Reducing Time Complexity with HashSet: A Practical Example

Discover how HashSets can drastically improve time complexity in real-world coding challenges.

3 min readJan 5, 2025

In the world of programming, efficiency is key. When dealing with large datasets, reducing time complexity can make the difference between a responsive application and a sluggish one. Hash Sets, with their constant-time lookup, offer an elegant solution to many computational problems. In this article, we’ll explore how Hash Sets can optimize a common problem and dive into a practical example that demonstrates their power.

Problem Overview

Imagine a scenario where you are tasked with analyzing people’s favorite companies. You’re given an array favoriteCompanies, where each sub-array represents a person's list of favorite companies. The goal is to determine which people have unique lists that are not subsets of any other person’s list. [People Whose List of Favorite Companies Is Not a Subset of Another List - LeetCode]

Problem Statement

Given a list favoriteCompanies, return the indices of people whose list of favorite companies is not a subset of any other list. The indices must be sorted in ascending order.

Example:

Input:

favoriteCompanies = [["leetcode", "google", "facebook"], ["google", "microsoft"], ["google", "facebook"], ["google"], ["amazon"]]

Output: [0, 1, 4]

Explanation:

Person 2's list ["google", "facebook"] is a subset of person 0's list.
Person 3's list ["google"] is a subset of both persons 0 and 1.
Therefore, the unique indices are [0, 1, 4].

The Naive Approach

The most straightforward solution involves checking each person’s list against every other list to see if it’s a subset. Here’s the implementation:

public class Solution
{
    public bool IsSubset(int i, IList<IList<string>> favoriteCompanies)
    {
        for (int j = 0; j < favoriteCompanies.Count; j++)
        {
            if (i != j && favoriteCompanies[i].All(item => favoriteCompanies[j].Contains(item)))
                return true;
        }
        return false;
    }

    public IList<int> PeopleIndexes(IList<IList<string>> favoriteCompanies)
    {
        IList<int> res = new List<int>();
        for (int i = 0; i < favoriteCompanies.Count; i++)
        {
            if (!IsSubset(i, favoriteCompanies)) 
                res.Add(i);
        }
        return res;
    }
}

The Optimized Solution with HashSets

To improve efficiency, we can leverage HashSets, which offer constant-time operations for checking membership. The idea is simple:

Convert each list of companies into a HashSet.
Use HashSet operations like IsSupersetOf to quickly determine if one set is a superset of another.

Implementation

public class Solution
{
    public bool IsSubset(int i, Dictionary<int, HashSet<string>> hashSets)
    {        
        for (int j= 0; j < hashSets.Count; j++)
        {
            if (i!=j && hashSets[j].IsSupersetOf(hashSets[i]))
                return true;
        }
        return false;
    }
    
    public IList<int> PeopleIndexes(IList<IList<string>> favoriteCompanies)
    {
        var hashSets = new Dictionary<int, HashSet<string>>();
        for (int i = 0; i < favoriteCompanies.Count; i++)
        {
            hashSets[i] = new HashSet<string>(favoriteCompanies[i]);
        }
        IList<int> res = new List<int>();
        for (int i=0; i<favoriteCompanies.Count; i++)
        {
            if (!IsSubset(i, hashSets)) res.Add(i);
        }
        return res;
    }
}

Key Optimizations

Efficient Subset Checking: Instead of iterating through every element, IsSupersetOf checks if one set contains another in constant time.
Preprocessing: Converting each list to a HashSet upfront ensures all subsequent operations are fast.

Time Complexity

Conversion to HashSets: O(n×m)), where n is the number of lists and m is the average list size.
Subset Checks: O(n²), as we only compare HashSets.

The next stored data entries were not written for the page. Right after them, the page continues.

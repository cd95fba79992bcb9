-- ===== src/Guarantees/Registration.antt =====
-- register_agent: a subject is bound to its owner once.
use mathlib.Core.Option.{some-injective}
use rh_reclaw.Common.{
  ◌≡◌, refl, sym, ◌∙◌, ap, subst, ℕ, ◌≤◌, String, List, Option, some, none, Bool, true, false, not,
  is_some, length, any, ltb, ◌==◌, ◌||◌, ==-refl, string_eq, nat_eq, arith,
}
use rh_reclaw.Common.Rows.{
  find_row, find_row-update_row, All-find_row, Persists-update_row, Persists-cons, Keyed-cons,
  Keyed-update_row, none_of_is_some, key-find_row,
}
use rh_reclaw.Common.Text.{sorted_set, str_lt, strip}
use rh_reclaw.Models.{Db, Agent, AgentStatus}
use rh_reclaw.Schemas.{max_accepted_types}
use rh_reclaw.Exceptions.{ServiceError}
use rh_reclaw.Session.{Session, agent_row, add_agent}
use rh_reclaw.Session.Triple.{
  Spec, Checks, Leads, Spec-check, Spec-then, Spec-step, Spec-insert, Spec-write, Checks-query,
  Checks-when, Checks-pure, Checks-now, Checks-uuid4, Leads-pure, Fails-raise, Spec-commit-pure,
}
use rh_reclaw.Service.Lookups.{get_agent_by_sub}
use rh_reclaw.Service.Registration.{check_registration, bind_agent, register_agent, unknown_types}
use rh_reclaw.Board.Steps.{AgentStep-refl}
use rh_reclaw.Board.Writes.{Sound, Sound-agents, Sound-with_audit}
use rh_reclaw.Guarantees.Denials.{Recorded, Spec-audit}

-- An exception of register_agent leaves no trace.
abbrev pub Unchanged : Db → ServiceError → Session → Type 0
Unchanged base e s = s.committed ≡ base

abbrev pub agent_by_sub : String → Db → Option Agent
agent_by_sub sub db = find_row (λ (a : Agent). a.sub) sub db.agents

-- The arguments passed every check of register_agent.
pub record Admissible (sub display_name : String) (accepted_types : List String)
    (r : String × String) : Type 0 where
  pub sub_eq : r.0 ≡ strip sub
  pub sub_nonempty : (strip sub == "") ≡ false
  pub display_name_eq : r.1 ≡ strip display_name
  pub some_types : any (λ t. true) accepted_types ≡ true
  pub few_types : length accepted_types ≤ max_accepted_types
  pub known_types : any (λ t. true) (unknown_types accepted_types) ≡ false

-- The row of an agent that has registered: a new one, or its old row with the same id and owner.
pub record Bound (db : Db) (sub owner_sub owner_email display_name : String) (types : List String)
    (a : Agent) (db' : Db) : Type 0 where
  pub row : agent_row a.id db' ≡ some a
  pub sub_eq : a.sub ≡ sub
  pub owner :
      (old : Agent)
      → agent_by_sub sub db ≡ some old
      → (a.id ≡ old.id) × (a.owner_sub ≡ old.owner_sub)
  pub first_owner : agent_by_sub sub db ≡ none → a.owner_sub ≡ owner_sub
  pub owner_email_eq : a.owner_email ≡ owner_email
  pub display_name_eq : a.display_name ≡ display_name
  pub accepted_types_eq : a.accepted_types ≡ types
  pub active : a.status ≡ AgentStatus.active

none_of_or : {A : Type 0} (b : Bool) (o : Option A) → (b || is_some o) ≡ false → o ≡ none
none_of_or false o h = none_of_is_some o h
none_of_or true o h = cc

-- What a registration leaves.
pub record Registered (base : Db) (sub owner_sub owner_email display_name : String)
    (accepted_types : List String) (a : Agent) (after : Db) : Type 0 where
  pub sound : Sound base after
  pub arguments : Admissible sub display_name accepted_types (strip sub, strip display_name)
  pub bound :
      Bound base
        (strip sub)
        owner_sub
        owner_email
        (strip display_name)
        (sorted_set str_lt accepted_types)
        a
        after
  pub recorded : Recorded (strip sub) "agent.register" after

Registered-of :
    {base : Db} {sub owner_sub owner_email display_name : String} {types : List String} {a : Agent}
    {after : Db} {r : String × String}
    → Sound base after
    → Admissible sub display_name types r
    → Bound base r.0 owner_sub owner_email r.1 (sorted_set str_lt types) a after
    → Recorded r.0 "agent.register" after
    → Registered base sub owner_sub owner_email display_name types a after
Registered-of {base} {sub} {owner_sub} {owner_email} {display_name} {types} {a} {after} {r} sound
      arguments bound recorded =
    record {
      sound = sound;
      arguments = record {
        sub_eq = refl;
        sub_nonempty = arguments.sub_nonempty;
        display_name_eq = refl;
        some_types = arguments.some_types;
        few_types = arguments.few_types;
        known_types = arguments.known_types;
      };
      bound =
          subst
            (λ n. Bound base (strip sub) owner_sub owner_email n (sorted_set str_lt types) a after)
            arguments.display_name_eq
            (subst (λ i. Bound base i owner_sub owner_email r.1 (sorted_set str_lt types) a after)
              arguments.sub_eq bound);
      recorded = subst (λ i. Recorded i "agent.register" after) arguments.sub_eq recorded;
    }

few_of_not : (n : ℕ) → ltb max_accepted_types n ≡ false → n ≤ max_accepted_types
few_of_not n h = ground arith

some_of_not : (b : Bool) → not b ≡ false → b ≡ true
some_of_not b h = ground arith

module _ {base : Db} where
  Checks-check_registration :
      (sub display_name : String) (accepted_types : List String)
      → Checks base base
          (check_registration sub display_name accepted_types)
          (Admissible sub display_name accepted_types)
          (Unchanged base)
  unfolding check_registration
  Checks-check_registration sub display_name accepted_types =
      Spec-check (Checks-when λ _. Fails-raise _ λ s at. at.committed) λ _ nonempty.
        Spec-check (Checks-when λ _. Fails-raise _ λ s at. at.committed) λ _ _.
          Spec-check (Checks-when λ _. Fails-raise _ λ s at. at.committed) λ _ _.
            Spec-check (Checks-when λ _. Fails-raise _ λ s at. at.committed) λ _ few.
              Spec-check (Checks-when λ _. Fails-raise _ λ s at. at.committed) λ _ any_types.
                Spec-check (Checks-when λ _. Fails-raise _ λ s at. at.committed) λ _ _.
                  Spec-check (Checks-when λ _. Fails-raise _ λ s at. at.committed) λ _ known.
                    Checks-pure _ (record {
                      sub_eq = refl;
                      sub_nonempty = nonempty;
                      display_name_eq = refl;
                      some_types = some_of_not _ any_types;
                      few_types = few_of_not _ few;
                      known_types = known;
                    })

  Leads-bind_agent :
      {db : Db}
      → Sound base db
      → (existing : Option Agent) (sub owner_sub owner_email display_name : String)
        (types : List String)
      → agent_by_sub sub db ≡ existing
      → Leads base db
          (bind_agent existing sub owner_sub owner_email display_name types)
          (λ db' a. Sound base db' × Bound db sub owner_sub owner_email display_name types a db')
          (Unchanged base)
  unfolding bind_agent add_agent
  Leads-bind_agent {db} sound none sub owner_sub owner_email display_name types missing =
      Spec-check Checks-now λ t _. Spec-check Checks-uuid4 λ id _.
        Spec-step (Spec-insert _ _ λ s at. at.committed) λ _ fresh.
          let new : agent_row id db ≡ none = none_of_or _ _ fresh in
          let keyed = Keyed-cons (λ (x : Agent). x.id) _ db.agents new sound.valid.agents in
          Leads-pure _ (
            Sound-agents sound _ (Persists-cons _ AgentStep-refl _ db.agents new) keyed,
            record {
              row = keyed.0;
              sub_eq = refl;
              owner = λ old found. cc (missing, found);
              first_owner = λ _. refl;
              owner_email_eq = refl;
              display_name_eq = refl;
              accepted_types_eq = refl;
              active = refl;
            },
          )
  Leads-bind_agent {db} sound (some existing) sub owner_sub owner_email display_name types found =
      let row : agent_row existing.id db ≡ some existing =
        All-find_row (λ (x : Agent). x.sub) (λ a. agent_row a.id db ≡ some a) sub db.agents existing
          sound.valid.agents found in
      Spec-check Checks-now λ t _. Spec-step (Spec-write _) λ _ _. Leads-pure _ (
        Sound-agents sound _
            (Persists-update_row _ AgentStep-refl _ existing db.agents row
              (record { sub = refl; owner_sub = refl }))
            (Keyed-update_row (λ (x : Agent). x.id) _ existing db.agents row sound.valid.agents),
        record {
          row =
              find_row-update_row (λ (x : Agent). x.id) _ existing.id db.agents existing row
              ∙ rw (==-refl existing.id) refl;
          sub_eq = key-find_row (λ (x : Agent). x.sub) sub db.agents existing found;
          owner = λ old found'.
              subst (λ (o : Agent). (existing.id ≡ o.id) × (existing.owner_sub ≡ o.owner_sub))
                (some-injective existing old (sym found ∙ found')) (refl, refl);
          first_owner = λ missing. cc (missing, found);
          owner_email_eq = refl;
          display_name_eq = refl;
          accepted_types_eq = refl;
          active = refl;
        },
      )

  pub Spec-register_agent :
      Sound base base
      → (sub owner_sub owner_email display_name : String) (accepted_types : List String)
      → Spec base base
          (register_agent sub owner_sub owner_email display_name accepted_types)
          (λ a s.
            Registered base sub owner_sub owner_email display_name accepted_types a s.committed)
          (Unchanged base)
  unfolding register_agent get_agent_by_sub
  Spec-register_agent sound sub owner_sub owner_email display_name accepted_types =
      Spec-check (Checks-check_registration sub display_name accepted_types) λ r arguments.
        Spec-check (Checks-query _) λ existing is_existing.
          Spec-then
            (Leads-bind_agent sound existing r.0 owner_sub owner_email r.1 _ (sym is_existing))
            λ db' a h. Spec-audit λ at. Spec-commit-pure a λ s saved.
              subst (Registered base sub owner_sub owner_email display_name accepted_types a)
                (sym saved)
                (Registered-of (Sound-with_audit h.0 _ (ap is_some h.1.row) tt tt) arguments
                  (record {
                    row = h.1.row;
                    sub_eq = h.1.sub_eq;
                    owner = h.1.owner;
                    first_owner = h.1.first_owner;
                    owner_email_eq = h.1.owner_email_eq;
                    display_name_eq = h.1.display_name_eq;
                    accepted_types_eq = h.1.accepted_types_eq;
                    active = h.1.active;
                  })
                  (record {
                    newest = _;
                    older = db'.audit_log;
                    trail = refl;
                    actor_sub_eq = refl;
                    action_eq = refl;
                  }))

This reduces the overall complexity to O(n² + n×m), a significant improvement over the naive approach.

Practical Benefits of HashSets

Speed: HashSets drastically reduce the time required for subset checks.
Simplicity: Using HashSet operations like IsSupersetOf makes the code cleaner and easier to read.
Scalability: The optimized solution handles larger inputs effectively, making it suitable for real-world applications.

Conclusion

HashSets are a powerful tool for optimizing subset-related problems. By converting lists into HashSets and leveraging their efficient operations, we transformed a computationally expensive problem into a streamlined solution. This example demonstrates the importance of choosing the right data structure for the task — a key principle for writing high-performance code.